» Exercise inputs:
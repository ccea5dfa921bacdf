-- ===== src/Database/Server.antt =====
-- What the code relies on of the MySQL client library and the server behind it.
pub mod Reading
pub mod RoundTrip
use smart_window.Common.{
  ℕ, zero, suc, ◌+◌, ◌≤◌, ◌<◌, ◌≡◌, ◌≢◌, Bool, true, false, Option, none, some, Bytes, List, [],
  ◌∷◌, length,
}
use smart_window.Messages.{Pointer}
use smart_window.Database.Queries.{max_id_query, value_query, insert_query}
use smart_window.Database.Access.{MySql}

-- The last call was without an error.
abbrev pub IsFine : {W : Type 0} → MySql W → W → Type 0
IsFine lib w = lib.mysql_errno w ≡ some (0, w)

-- A client that can connect: `sessions` counts the sessions that are open, `column` gives what is
-- stored, as the values of a table, the latest first. After a call that succeeds no error is reported; of what
-- is reported after one that fails nothing is said.
pub record Connects {W : Type 0} (lib : MySql W) (sessions : W → ℕ) {C : Type 0} (column : W → C)
    : Type 0 where
  pub inits :
      (w : W)
      → (w' : W) × (lib.mysql_init w ≡ some (tt, w'))
        × IsFine lib w'
        × (sessions w' ≡ sessions w)
        × (column w' ≡ column w)
  pub connects :
      (w : W)
      → (w' : W) × (lib.mysql_real_connect w ≡ some (true, w'))
        × IsFine lib w'
        × (sessions w' ≡ suc (sessions w))
        × (column w' ≡ column w)
  pub closes :
      (w : W) (n : ℕ)
      → sessions w ≡ suc n
      → (w' : W) × (lib.mysql_close w ≡ some (tt, w')) × (sessions w' ≡ n) × (column w' ≡ column w)

-- The cell with the highest id: a null pointer if the table has no row.
abbrev pub max_cell : (ℕ → Bytes) → List Bytes → Pointer
max_cell id_text [] = none
max_cell id_text (v ∷ vs) = some (id_text (length (v ∷ vs)))

-- The database has the table, whose rows are numbered from one; `id_text` prints an id, and `rows` are
-- the values of the table among all that is kept.
pub record HasTable {W : Type 0} (lib : MySql W) (sessions : W → ℕ) {C : Type 0} (column : W → C)
    (rows : C → List Bytes) (id_text : ℕ → Bytes) (db table : Bytes) : Type 0 where
  pub selects :
      (w : W)
      → (w' : W) × (lib.mysql_select_db db w ≡ some (0, w'))
        × (sessions w' ≡ sessions w)
        × (column w' ≡ column w)
  pub finds_id :
      (w : W) (text : Bytes)
      → max_id_query table ≡ some text
      → (w' : W) × (w'' : W) × (lib.mysql_real_query text w ≡ some (tt, w'))
        × (lib.mysql_store_result w'
            ≡ some (some ((max_cell id_text (rows (column w)) ∷ []) ∷ []), w''))
        × IsFine lib w''
        × (sessions w'' ≡ sessions w)
        × (column w'' ≡ column w)
  pub finds_value :
      (w : W) (text v : Bytes) (vs : List Bytes)
      → rows (column w) ≡ v ∷ vs
      → value_query table (id_text (length (v ∷ vs))) ≡ some text
      → (w' : W) × (w'' : W) × (lib.mysql_real_query text w ≡ some (tt, w'))
        × (lib.mysql_store_result w' ≡ some (some ((some v ∷ []) ∷ []), w''))
        × IsFine lib w''
        × (sessions w'' ≡ sessions w)
        × (column w'' ≡ column w)

-- The table takes the value, and then shows it as `shown`.
pub record Takes {W : Type 0} (lib : MySql W) (sessions : W → ℕ) (column : W → List Bytes)
    (table value shown : Bytes) : Type 0 where
  pub inserts :
      (w : W) (text : Bytes)
      → insert_query table value ≡ some text
      → (w' : W) × (lib.mysql_real_query text w ≡ some (tt, w'))
        × IsFine lib w'
        × (sessions w' ≡ sessions w)
        × (column w' ≡ shown ∷ column w)
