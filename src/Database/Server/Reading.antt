-- ===== src/Database/Server/Reading.antt =====
-- Reading a table.
use smart_window.Common.{
  ℕ, suc, ◌+◌, ◌≤◌, ◌<◌, ◌≡◌, ap, ◌∙◌, Bool, true, false, not, none, some, Bytes, codes, List, [],
  ◌∷◌, ◌++◌, length, length-append, arith,
}
use smart_window.Messages.{Pointer}
use smart_window.Database.Queries.{max_id_query, value_query, strcat}
use smart_window.Database.Access.{
  MySql, Floats, connect, check_error, last_of, last_cell, ask, find_latest, close_session,
  get_latest_value_int, get_latest_value_bool, get_latest_value_double,
}
use smart_window.Database.Server.{IsFine, Connects, HasTable, max_cell}

strcat-some : (buf s : Bytes) → length buf + length s < 255 → strcat buf s ≡ some (buf ++ s)
unfolding strcat
strcat-some buf s h = ground (arith, length-append buf s)

pub max_id_query-fits :
    (table : Bytes)
    → length table < 200
    → max_id_query table ≡ some (codes "SELECT MAX(id) AS id FROM " ++ table)
unfolding max_id_query
max_id_query-fits table h = strcat-some (codes "SELECT MAX(id) AS id FROM ") table (omega arith)

max_id_query-some :
    (table : Bytes) → length table < 200 → (text : Bytes) × (max_id_query table ≡ some text)
max_id_query-some table h = (_, max_id_query-fits table h)

value_query_lem :
    (table id a b c : Bytes)
    → strcat (codes "SELECT Wert FROM ") table ≡ some a
    → strcat a (codes " WHERE ID=") ≡ some b
    → strcat b id ≡ some c
    → value_query table id ≡ some c
unfolding value_query
value_query_lem table id a b c e e' e'' = ground arith

pub value_query-fits :
    (table id : Bytes)
    → length table < 200
    → length id ≤ 20
    → value_query table id
      ≡ some (((codes "SELECT Wert FROM " ++ table) ++ codes " WHERE ID=") ++ id)
value_query-fits table id h h' =
    let a = strcat-some (codes "SELECT Wert FROM ") table (omega arith) in
    let b =
      strcat-some (codes "SELECT Wert FROM " ++ table) (codes " WHERE ID=")
        (omega (arith, length-append {0} (codes "SELECT Wert FROM ") table)) in
    let c = strcat-some ((codes "SELECT Wert FROM " ++ table) ++ codes " WHERE ID=") id (
      omega (
        arith,
        length-append {0} (codes "SELECT Wert FROM ") table,
        length-append {0} (codes "SELECT Wert FROM " ++ table) (codes " WHERE ID="),
      )) in
    value_query_lem table id _ _ _ a b c

value_query-some :
    (table id : Bytes)
    → length table < 200
    → length id ≤ 20
    → (text : Bytes) × (value_query table id ≡ some text)
value_query-some table id h h' = (_, value_query-fits table id h h')

module _ {W : Type 0} (lib : MySql W) (sessions : W → ℕ) {C : Type 0} (column : W → C)
    (works : Connects lib sessions column) where
  pub check_error-false : (w : W) → IsFine lib w → check_error lib w ≡ some (false, w)
  unfolding check_error
  check_error-false w fine = ground arith

  connect_lem :
      (w w₁ w₂ : W)
      → lib.mysql_init w ≡ some (tt, w₁)
      → lib.mysql_real_connect w₁ ≡ some (true, w₂)
      → check_error lib w₁ ≡ some (false, w₁)
      → connect lib w ≡ some (tt, w₂)
  unfolding connect
  connect_lem w w₁ w₂ i c e = ground arith

  pub connect-some :
      (w : W)
      → (w' : W) × (connect lib w ≡ some (tt, w'))
        × IsFine lib w'
        × (sessions w' ≡ suc (sessions w))
        × (column w' ≡ column w)
  connect-some w =
      let (w₁, i, f₁, s₁, t₁) = works.inits w in
      let (w₂, c, f₂, s₂, t₂) = works.connects w₁ in
      (w₂, connect_lem w w₁ w₂ i c (check_error-false w₁ f₁), f₂, s₂ ∙ ap suc s₁, t₂ ∙ t₁)

  -- A query whose result has one row with one cell.
  ask-some :
      (checked : Bool) (text : Bytes) (w w₁ w₂ : W) (cell : Pointer)
      → lib.mysql_real_query text w ≡ some (tt, w₁)
      → lib.mysql_store_result w₁ ≡ some (some ((cell ∷ []) ∷ []), w₂)
      → check_error lib w₂ ≡ some (false, w₂)
      → ask lib checked text w ≡ some (some cell, w₂)
  unfolding ask last_cell last_of
  ask-some checked text w w₁ w₂ cell q r e = ground arith

  find_lem :
      (double : Bool) (db table first second id v : Bytes) (w w₁ w₂ w₃ w₄ w₅ : W)
      → connect lib w ≡ some (tt, w₁)
      → check_error lib w₁ ≡ some (false, w₁)
      → lib.mysql_select_db db w₁ ≡ some (0, w₂)
      → max_id_query table ≡ some first
      → ask lib true first w₂ ≡ some (some (some id), w₃)
      → value_query table id ≡ some second
      → ask lib (not double) second w₃ ≡ some (some (some v), w₄)
      → close_session lib w₄ ≡ some (tt, w₅)
      → find_latest lib double db table w ≡ some (some v, w₅)
  unfolding find_latest
  find_lem double db table first second id v w w₁ w₂ w₃ w₄ w₅ c e s q a q' a' z = ground arith

  find_null_lem :
      (double : Bool) (db table first : Bytes) (w w₁ w₂ w₃ : W)
      → connect lib w ≡ some (tt, w₁)
      → check_error lib w₁ ≡ some (false, w₁)
      → lib.mysql_select_db db w₁ ≡ some (0, w₂)
      → max_id_query table ≡ some first
      → ask lib true first w₂ ≡ some (some none, w₃)
      → find_latest lib double db table w ≡ none
  unfolding find_latest
  find_null_lem double db table first w w₁ w₂ w₃ c e s q a = ground arith

  pub close-some :
      (w w' : W) → lib.mysql_close w ≡ some (tt, w') → close_session lib w ≡ some (tt, w')
  unfolding close_session
  close-some w w' e = e

  module _ (rows : C → List Bytes) (id_text : ℕ → Bytes) (db table : Bytes)
      (has : HasTable lib sessions column rows id_text db table) (short : length table < 200) where
    -- The three reading functions find the latest value.
    pub find_latest-some :
        (double : Bool) (w : W) (v : Bytes) (vs : List Bytes)
        → rows (column w) ≡ v ∷ vs
        → length (id_text (length (v ∷ vs))) ≤ 20
        → (w' : W) × (find_latest lib double db table w ≡ some (some v, w'))
          × (sessions w' ≡ sessions w)
          × (column w' ≡ column w)
    find_latest-some double w v vs e small =
        let (w₁, c, i₁, s₁, t₁) = connect-some w in
        let (w₂, d, s₂, t₂) = has.selects w₁ in
        let (q, f) = max_id_query-some table short in
        let (w₃, w₄, g, r, i₄, s₄, t₄) = has.finds_id w₂ q f in
        let col : rows (column w₂) ≡ v ∷ vs = ap rows (t₂ ∙ t₁) ∙ e in
        let r' = r ∙ ap (λ x. some (some ((max_cell id_text x ∷ []) ∷ []), w₄)) col in
        let id = id_text (length (v ∷ vs)) in
        let (q', f') = value_query-some table id short small in
        let (w₅, w₆, g', h, i₆, s₆, t₆) = has.finds_value w₄ q' v vs (ap rows t₄ ∙ col) f' in
        let (w₇, z, s₇, t₇) = works.closes w₆ (sessions w) (s₆ ∙ s₄ ∙ s₂ ∙ s₁) in
        (
          w₇,
          find_lem double db table q q' id v w w₁ w₂ w₄ w₆ w₇ c (check_error-false w₁ i₁) d f
              (ask-some true q w₂ w₃ w₄ (some id) g r' (check_error-false w₄ i₄)) f'
              (ask-some (not double) q' w₄ w₅ w₆ (some v) g' h (check_error-false w₆ i₆))
              (close-some w₆ w₇ z),
          s₇,
          t₇ ∙ t₆ ∙ t₄ ∙ t₂ ∙ t₁,
        )

    find_latest-empty :
        (double : Bool) (w : W) → rows (column w) ≡ [] → find_latest lib double db table w ≡ none
    find_latest-empty double w e =
        let (w₁, c, i₁, s₁, t₁) = connect-some w in
        let (w₂, d, s₂, t₂) = has.selects w₁ in
        let (q, f) = max_id_query-some table short in
        let (w₃, w₄, g, r, i₄, s₄, t₄) = has.finds_id w₂ q f in
        let r' =
          r ∙ ap (λ x. some (some ((max_cell id_text x ∷ []) ∷ []), w₄)) (ap rows (t₂ ∙ t₁) ∙ e) in
        find_null_lem double db table q w w₁ w₂ w₄ c (check_error-false w₁ i₁) d f
          (ask-some true q w₂ w₃ w₄ none g r' (check_error-false w₄ i₄))

    -- Where the client library and the server work, reading a table that has no row reads a null pointer,
    -- whatever the type of the value.
    pub reads_empty :
        (floats : Floats) (w : W)
        → rows (column w) ≡ []
        → (get_latest_value_int lib db table w ≡ none)
          × (get_latest_value_bool lib floats db table w ≡ none)
          × (get_latest_value_double lib floats db table w ≡ none)
    unfolding get_latest_value_int get_latest_value_bool get_latest_value_double
    reads_empty floats w e = ground (arith, find_latest-empty false w e, find_latest-empty true w e)
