-- ===== src/Controller/Reads/Latest.antt =====
-- The read of one table that has a row (RaspberryPi/Window_Controller/main_controller.cpp,
-- lines 371 to 420, and write_read.cpp).
use mathlib.Core.Path.{subst}
use smart_window.Common.{
  ℕ, ◌≤◌, ◌<◌, ◌≡◌, sym, ap, ◌∙◌, Bool, false, Option, some, Bytes, codes, List, ◌∷◌, length, arith,
}
use smart_window.Common.Int.{ℤ}
use smart_window.Common.Outcome.{M, ◌>>=◌, bind-some}
use smart_window.Controller.Reads.{unreported}
use smart_window.Database.Queries.{atoi}
use smart_window.Database.Access.{
  MySql, Floats, find_latest, get_latest_value_bool, get_latest_value_int,
}
use smart_window.Database.Server.{Connects, HasTable}
use smart_window.Database.Server.Reading.{find_latest-some}

-- The latest value of a table, whose id has at most twenty digits.
pub record IsLatest (id_text : ℕ → Bytes) (rows : List Bytes) (v : Bytes) : Type 0 where
  pub earlier : List Bytes
  pub rows_are : rows ≡ v ∷ earlier
  pub id_fits : length (id_text (length (v ∷ earlier))) ≤ 20

-- What a value is read as: a truth value by way of a double, or a number.
abbrev pub Says : (ℕ → Bytes) → List Bytes → {A : Type 0} → (Bytes → A → Type 0) → A → Type 0
Says id_text rows read a = (v : Bytes) × IsLatest id_text rows v × read v a

-- The database has the table, and its name fits the queries.
abbrev pub HasIt :
    {W : Type 0} → MySql W → (W → ℕ) → (W → Bytes → List Bytes) → (ℕ → Bytes) → Bytes → Type 0
HasIt lib sessions content id_text table =
    HasTable lib sessions content (λ c. c table) id_text (codes "SmartWindow") table
    × (length table < 200)

module _ {W : Type 0} (lib : MySql W) (floats : Floats) (sessions : W → ℕ)
    (content : W → Bytes → List Bytes) (works : Connects lib sessions content)
    (id_text : ℕ → Bytes) where
  bool_lem :
      (table v : Bytes) (b : Bool) (w w' : W)
      → find_latest lib false (codes "SmartWindow") table w ≡ some (some v, w')
      → floats.is_nonzero (floats.atof v) ≡ b
      → unreported (get_latest_value_bool lib floats (codes "SmartWindow") table) w ≡ some (b, w')
  unfolding unreported get_latest_value_bool
  bool_lem table v b w w' e h = ground arith

  int_lem :
      (table v : Bytes) (m : ℤ) (w w' : W)
      → find_latest lib false (codes "SmartWindow") table w ≡ some (some v, w')
      → atoi v ≡ some m
      → unreported (get_latest_value_int lib (codes "SmartWindow") table) w ≡ some (m, w')
  unfolding unreported get_latest_value_int
  int_lem table v m w w' e h = ground arith

  module _ (k : Bytes → List Bytes) (n : ℕ) where
    -- The database holds `k`, and `n` sessions are open.
    abbrev pub At : W → Type 0
    At w = (content w ≡ k) × (sessions w ≡ n)

    found :
        (table v : Bytes) (w : W)
        → HasIt lib sessions content id_text table
        → IsLatest id_text (k table) v
        → At w
        → (w' : W) × (find_latest lib false (codes "SmartWindow") table w ≡ some (some v, w'))
          × At w'
    found table v w (has, short) latest (c, s) =
        let (w', e, s', c') =
          find_latest-some lib sessions content works (λ x. x table) id_text (codes "SmartWindow")
            table has short false w v latest.earlier (ap (λ x. x table) c ∙ latest.rows_are)
            latest.id_fits in
        (w', e, (c' ∙ c, s' ∙ s))

    pub bool_read :
        {A : Type 0} (P : Option (A × W) → Type 0) (table : Bytes) (b : Bool) (f : Bool → M W A)
        (w : W)
        → HasIt lib sessions content id_text table
        → Says id_text (k table) (λ v b. floats.is_nonzero (floats.atof v) ≡ b) b
        → At w
        → ((w' : W) → At w' → P (f b w'))
        → P ((unreported (get_latest_value_bool lib floats (codes "SmartWindow") table) >>= f) w)
    bool_read P table b f w has (v, latest, reads) at next =
        let (w', e, at') = found table v w has latest at in
        subst P
          (sym (
            bind-some (unreported (get_latest_value_bool lib floats (codes "SmartWindow") table)) f
              w w' b (bool_lem table v b w w' e reads)))
          (next w' at')

    pub int_read :
        {A : Type 0} (P : Option (A × W) → Type 0) (table : Bytes) (m : ℤ) (f : ℤ → M W A) (w : W)
        → HasIt lib sessions content id_text table
        → Says id_text (k table) (λ v n. atoi v ≡ some n) m
        → At w
        → ((w' : W) → At w' → P (f m w'))
        → P ((unreported (get_latest_value_int lib (codes "SmartWindow") table) >>= f) w)
    int_read P table m f w has (v, latest, reads) at next =
        let (w', e, at') = found table v w has latest at in
        subst P
          (sym (
            bind-some (unreported (get_latest_value_int lib (codes "SmartWindow") table)) f w w' m
              (int_lem table v m w w' e reads)))
          (next w' at')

» What the task asks: Copy every line of the entries in which "omega" can be found.

» Reply to the task:
max_id_query-fits table h = strcat-some (codes "SELECT MAX(id) AS id FROM ") table (omega arith)
    let a = strcat-some (codes "SELECT Wert FROM ") table (omega arith) in
        (omega (arith, length-append {0} (codes "SELECT Wert FROM ") table)) in
      omega (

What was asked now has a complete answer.